Well it would apply to all music but appears to assume a failing on the one who only loves in part. Presumably, all of us love some works only in part.


----------



## Guest (May 28, 2019)

Captainnumber36 said:


> I love Mozart, but am not the biggest fan of his Operas. I find them too screechy, repetitive and harsh to be enjoyable to my ears.
> 
> The only Opera I've watched and loved is Pelleas et Melissande. I love it's subdued nature musically, and the Libretto is fantastic! I love the unhappy ending.
> 
> His great Mass in C Minor I do love, though!


 As others have said, I wouldn't worry about it, but before you give up completely with Mozart's operas here's a suggestion ...

Among diehard Mozart opera fans, it may seem like a sacrilegious butchering of some of his most important works, but you might think about excising those bits of the various operas you do not care for and just leave the rest.
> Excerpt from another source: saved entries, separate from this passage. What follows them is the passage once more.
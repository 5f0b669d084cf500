-- ===== src/Upgrader.antt =====
-- upgrader/upgrader.go
pub mod Versions
pub mod Waiting
pub mod Ending
pub mod Outcome
pub mod Resting
use mariadb_ctrl.Prelude.{
  ℕ, zero, suc, ◌*◌, String, ◌==◌, Bool, true, not, List, [], ◌∷◌, Option, none, some,
  if◌then◌else◌,
}
use mariadb_ctrl.Go.Error.{Error, Result, ok, err, message, wrap}
use mariadb_ctrl.Go.Action.{Go, pure, fail, ◌>>=◌, ◌>>◌, attempt, check}
use mariadb_ctrl.Go.Channel.{receive}
use mariadb_ctrl.Env.{Env}
use mariadb_ctrl.Config.{UpgraderConfig}
use mariadb_ctrl.Text.{trim_space, matches_any}
use mariadb_ctrl.OsHelper.{second, wait_for_command, sleep, file_exists, read_file}
use mariadb_ctrl.DbHelper.{DbHelper}

-- the interface `Upgrader`
pub record Upgrader : Type 0 where
  pub upgrade : Go Unit
  pub needs_upgrade : Go Bool

abbrev pub db_reachable_polling_attempts : ℕ
db_reachable_polling_attempts = 30

abbrev pub db_reachable_polling_delay : ℕ
db_reachable_polling_delay = 10 * second

-- the alternatives of the regular expression
abbrev pub acceptable_errors : List String
acceptable_errors = "already upgraded" ∷ "Unknown command" ∷ "WSREP has not yet prepared node" ∷ []

-- the error of mysql_upgrade that is left after its output is matched
unfoldable pub upgrade_error : String × Option Error → Option Error
upgrade_error (output, none) = none
upgrade_error (output, some e) = if matches_any acceptable_errors output then none else some e

-- a read whose error is replaced by a message
abbrev pub reading : String → Result String → Go String
reading msg (ok text) = pure text
reading msg (err e) = fail (message msg)

module _ (env : Env) (db : DbHelper) where
  -- the loop of `waitUntilMySQLReachable`, over the tries left
  unfoldable pub wait_for_tries : ℕ → Go Unit
  unfolding sleep
  wait_for_tries zero = fail (message "Database is not reachable after 30 tries.")
  wait_for_tries (suc tries) = do
    reachable ← db.is_database_reachable
    let again = do sleep db_reachable_polling_delay; wait_for_tries tries
    if reachable then pure tt else again

  unfoldable pub wait_until_mysql_reachable : Go Unit
  wait_until_mysql_reachable = wait_for_tries db_reachable_polling_attempts

  abbrev stop_standalone_database_synchronously : Go Unit
  stop_standalone_database_synchronously = db.stop_mysqld

  unfoldable pub upgrade : Go Unit
  upgrade = do
    cmd ← db.start_mysqld_for_upgrade
    mysqld_exit_chan ← wait_for_command cmd
    wait_until_mysql_reachable
    r ← db.upgrade
    stop_standalone_database_synchronously
    mysqld_err ← receive env mysqld_exit_chan
    check (wrap mysqld_err "mysqld failed during upgrade")
    check (upgrade_error r)

module _ (env : Env) (config : UpgraderConfig) where
  unfoldable pub compare_versions : Go Bool
  unfolding trim_space
  compare_versions = do
    existing ← attempt (read_file env config.last_upgraded_version_file)
    existing_version ← reading "Could not read last upgraded version file in the data dir." existing
    packaged ← attempt (read_file env config.package_version_file)
    package_version ←
        reading "DB package is invalid because the version file is not readable." packaged
    pure (not (trim_space existing_version == trim_space package_version))

  unfoldable pub package_version_needed : Go Bool
  unfolding compare_versions
  package_version_needed = do
    package_exists ← file_exists env config.package_version_file
    if package_exists
        then compare_versions
        else fail (message "DB package is invalid because it is missing the version file.")

  unfoldable pub needs_upgrade : Go Bool
  unfolding package_version_needed file_exists read_file
  needs_upgrade = do
    last_exists ← file_exists env config.last_upgraded_version_file
    if last_exists then package_version_needed else pure true

-- `NewUpgrader`
unfoldable pub new_upgrader : Env → UpgraderConfig → DbHelper → Upgrader
new_upgrader env config db = record {
  upgrade = upgrade env db;
  needs_upgrade = needs_upgrade env config;
}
In the context of a parallel discussion on how best to get into Wagner's operas currently going on in another thread, it has been suggested by some members that the taking of "highlight" CDs may be the best way to proceed initially. In that thread, you will see that there is a difference of opinion about the merits of doing this kind of thing.

For my part I cannot see anything even remotely dubious about selecting only the bits of operas one likes, and leaving the rest for the buffs to enjoy. In the case of all of Mozart's operas I don't like any of the recitative, and some of the singing gets on my nerves too. For Wagner, I think there are some very good bits indeed but there are some long sections that I find very boring and very much sub-par compared with the best parts.

Returning to Mozart's operas, I started out with a well-regarded version of each opera and went through them all, making notes of the most enjoyable bits. The entire process took me some time to complete, but the effort was worth it. Frankly, it was not that difficult because I recognised the best bits immediately from their frequent playing on radio stations.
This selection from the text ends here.